Неправда, что мой дед, пастор Эрнст Ункель, на смертном одре провозгласил тост: «За новую жизнь!», выпил кубок столетнего сотерна, посмотрел на этикетку и произнес, отирая губы: «Желаю себе допить эту бутылку на том берегу». Неправда, что, когда он умирал, присутствовали все близкие, утверждавшие позднее, что он ушел из жизни так же благостно, как и жил.

Моя бабка передала потомкам эту версию, чтобы ничто из того, что было связано с реальной драмой его последних дней, не исказило памяти о пасторе Эрнсте, человеке праведном, благородном и чутком. Тайну смерти мужа она унесла с собой в могилу вместе с конвертом, в который было вложено единственное любовное письмо, написанное им; это письмо бабушка держала под замком до конца жизни, хоть и не ей оно было адресовано. Письмо попало в ее руки вместе с другими личными вещами деда после его смерти.

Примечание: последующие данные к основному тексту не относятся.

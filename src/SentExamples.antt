-- ===== src/SentExamples.antt =====
-- A fragment that `finish` makes, and the same fragment at the receiver.
use tssdgo.Prelude.{
  ℕ, ◌<◌, ◌≡◌, refl, Option, none, some, List, [], ◌∷◌, length, All, replicate, arith,
}
use tssdgo.Wire.{Schema, ok, no_header}
use tssdgo.Fragment.{Fragment, raw_data}
use tssdgo.Buffer.Write.{finish}
use tssdgo.Buffer.Write.State.{Frame, stamped, IsOpen, writer, entries}
use tssdgo.Buffer.Write.Checksums.{AllAlike}
use tssdgo.TypeInfo.Encode.{encode}
use tssdgo.Head.Layout.{head_bytes}
use tssdgo.Receiver.{RBuffer, new_rbuffer}
use tssdgo.Receiver.SchemaPart.{FitsSchema}
use tssdgo.Receiver.Pipe.{pipe, Arrived, pipe-push_all}
use tssdgo.Buffer.{Buffer, new_buffer}
use tssdgo.Buffer.Assemble.Gather.{push_all}
use tssdgo.Receiver.Sent.{prepared_heads, Numbered, finish-Numbered}

abbrev no_parse : List ℕ → Option ℕ
no_parse bs = none

abbrev no_format : ℕ → List ℕ
no_format t = []

abbrev length_sum : List ℕ → List ℕ
length_sum bs = length bs ∷ 7 ∷ []

abbrev note_schema : Schema
note_schema = record { fid = 0xFFFF; types = b'a' ∷ b'b' ∷ []; tid = b'x' ∷ []; info = [] }

abbrev note_frame : Frame
note_frame = record {
  schema = some note_schema;
  heads = prepared_heads no_format note_schema 12;
  len_checksum = 10;
  width = 12;
  pos = 0;
}

-- Twelve bytes of payload, in the fragment with the id 1.
abbrev note_piece : Fragment
note_piece = record {
  header = no_header;
  schema = record note_schema { fid = 1 };
  heads = stamped 1 note_frame.heads;
  payload = 1 ∷ 2 ∷ 3 ∷ 4 ∷ 5 ∷ 6 ∷ 7 ∷ 8 ∷ 9 ∷ 10 ∷ 11 ∷ 12 ∷ [];
  spare = replicate 10 0;
  data_len = 56;
  checksum = [];
}

heads_length : length note_frame.heads ≡ 44
unfolding encode head_bytes
heads_length = refl

stamped_length : length note_piece.heads ≡ length note_frame.heads
unfolding encode head_bytes
stamped_length = refl

note_piece-IsOpen : IsOpen note_frame 0 note_piece
note_piece-IsOpen = (
  omega (arith, heads_length, stamped_length),
  stamped_length,
  omega arith,
  λ h. (omega (arith, heads_length), refl, λ k. refl),
)

finish-Numbered_example :
    (gs : List Fragment) × (finish length_sum (writer note_frame [] note_piece)
      ≡ ok (record (writer note_frame [] note_piece) { fragments = entries gs }))
    × AllAlike (note_piece ∷ []) gs
    × Numbered no_format length_sum note_schema 0 gs
finish-Numbered_example =
    finish-Numbered no_format length_sum note_schema 2 note_frame [] note_piece (λ bs. refl) refl
      (omega (arith, heads_length)) refl tt note_piece-IsOpen

-- The same fragment with its checksum.
abbrev sent_note : Fragment
sent_note = record note_piece {
  spare = 26 ∷ 13 ∷ 4 ∷ 0 ∷ 0 ∷ 0 ∷ 2 ∷ 0 ∷ 56 ∷ 7 ∷ [];
  data_len = 66;
}

note_fits : FitsSchema note_schema
note_fits = (omega arith, omega arith)

abbrev fresh_receiver : RBuffer
fresh_receiver = record new_rbuffer { data_bytes = [] }

-- The first two keys change places.
abbrev swap_first : List ℕ → List ℕ
swap_first [] = []
swap_first (a ∷ []) = a ∷ []
swap_first (a ∷ b ∷ ns) = b ∷ a ∷ ns

swapped : (n : ℕ) (ns : List ℕ) → All (λ j. j < n) ns → All (λ j. j < n) (swap_first ns)
swapped n [] h = tt
swapped n (a ∷ []) h = h
swapped n (a ∷ b ∷ ns) h = (h.1.0, (h.0, h.1.1))

-- The fragment behind it, which ends the object.
abbrev ending_note : Fragment
ending_note = record sent_note { heads = stamped 0xFFFE note_frame.heads }

abbrev two_notes : List Fragment
two_notes = sent_note ∷ ending_note ∷ []

two_notes-Numbered : Numbered no_format length_sum note_schema 0 two_notes
unfolding raw_data encode head_bytes
two_notes-Numbered = (refl, refl)

abbrev sending_notes : Buffer
sending_notes = record (new_buffer 100) { fragments = entries two_notes }

note_length : length (raw_data sent_note) ≡ 66
unfolding raw_data encode head_bytes
note_length = refl

ending_length : length (raw_data ending_note) ≡ 66
unfolding raw_data encode head_bytes
ending_length = refl

pipe-push_all_example :
    (fs : List Fragment) × Arrived no_parse length_sum no_format note_schema note_fits
      (λ bs. omega arith)
      two_notes
      (1 ∷ 0 ∷ [])
      fs
    × (pipe no_parse length_sum swap_first sending_notes ≡ ok (push_all fs (new_buffer 0)))
pipe-push_all_example =
    pipe-push_all no_parse length_sum no_format note_schema note_fits (λ bs. omega arith) swap_first
      swapped sending_notes two_notes refl refl two_notes-Numbered
      ((omega (arith, note_length), omega arith), ((omega (arith, ending_length), omega arith), tt))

Со временем даже самые темные тайны выходят на белый свет, да и большинство твердых решений и клятв до гроба имеют характер так называемой сиюминутной необходимости, но с молчанием могилы ничего не поделаешь. Я никогда так и не узнал бы правду о том, что приключилось с Эрнстом Ункелем в последнюю весну его жизни, если бы не тот великий кризис, что стал для моей семьи, как, впрочем, и для всех немцев, настоящей школой бедности и лишений. Так вот, когда умерла старшая из дочерей пастора Ункеля, славная тетушка Ульрика, а у нас не было средств на покупку отдельного места на кладбище, семейный совет решил положить тетушку в ту же самую могилу, в которой похоронили дедушку и вдову его, мою бабушку, пасторшу Ункель. Могильщики подняли на поверхность остатки трухлявой гробовой древесины, мощные берцовые кости бабушки, одну подошву и еще шкатулку, которую бабушка велела положить с собой в гроб. Вот из этой-то шкатулки и достали то самое дедушкино письмо, представившее в совершенно новом, неожиданном свете обстоятельства его смерти, даже более того – доказывавшее, что даже самые ревностные слуги Бога, являющие собой пример чистоты духа, могут, скажем так, поблуждать немного перед последней чертой, на пороге вечной жизни, поддавшись сатанинским наущениям. Дедушкино письмо не давало мне покоя до тех пор, пока я, проведя много месяцев в библиотеках и судебных архивах, не нашел документы, позволяющие воссоздать со значительной достоверностью и с большой вероятностью последние дни жизни Эрнста Ункеля, равно как и причины, из-за которых этот человек, столь сдержанный в проявлениях страстей, руководствовавшийся в жизни разумом и логикой, закончил эту самую жизнь деянием сколь безмерно странным, столь и ужасным.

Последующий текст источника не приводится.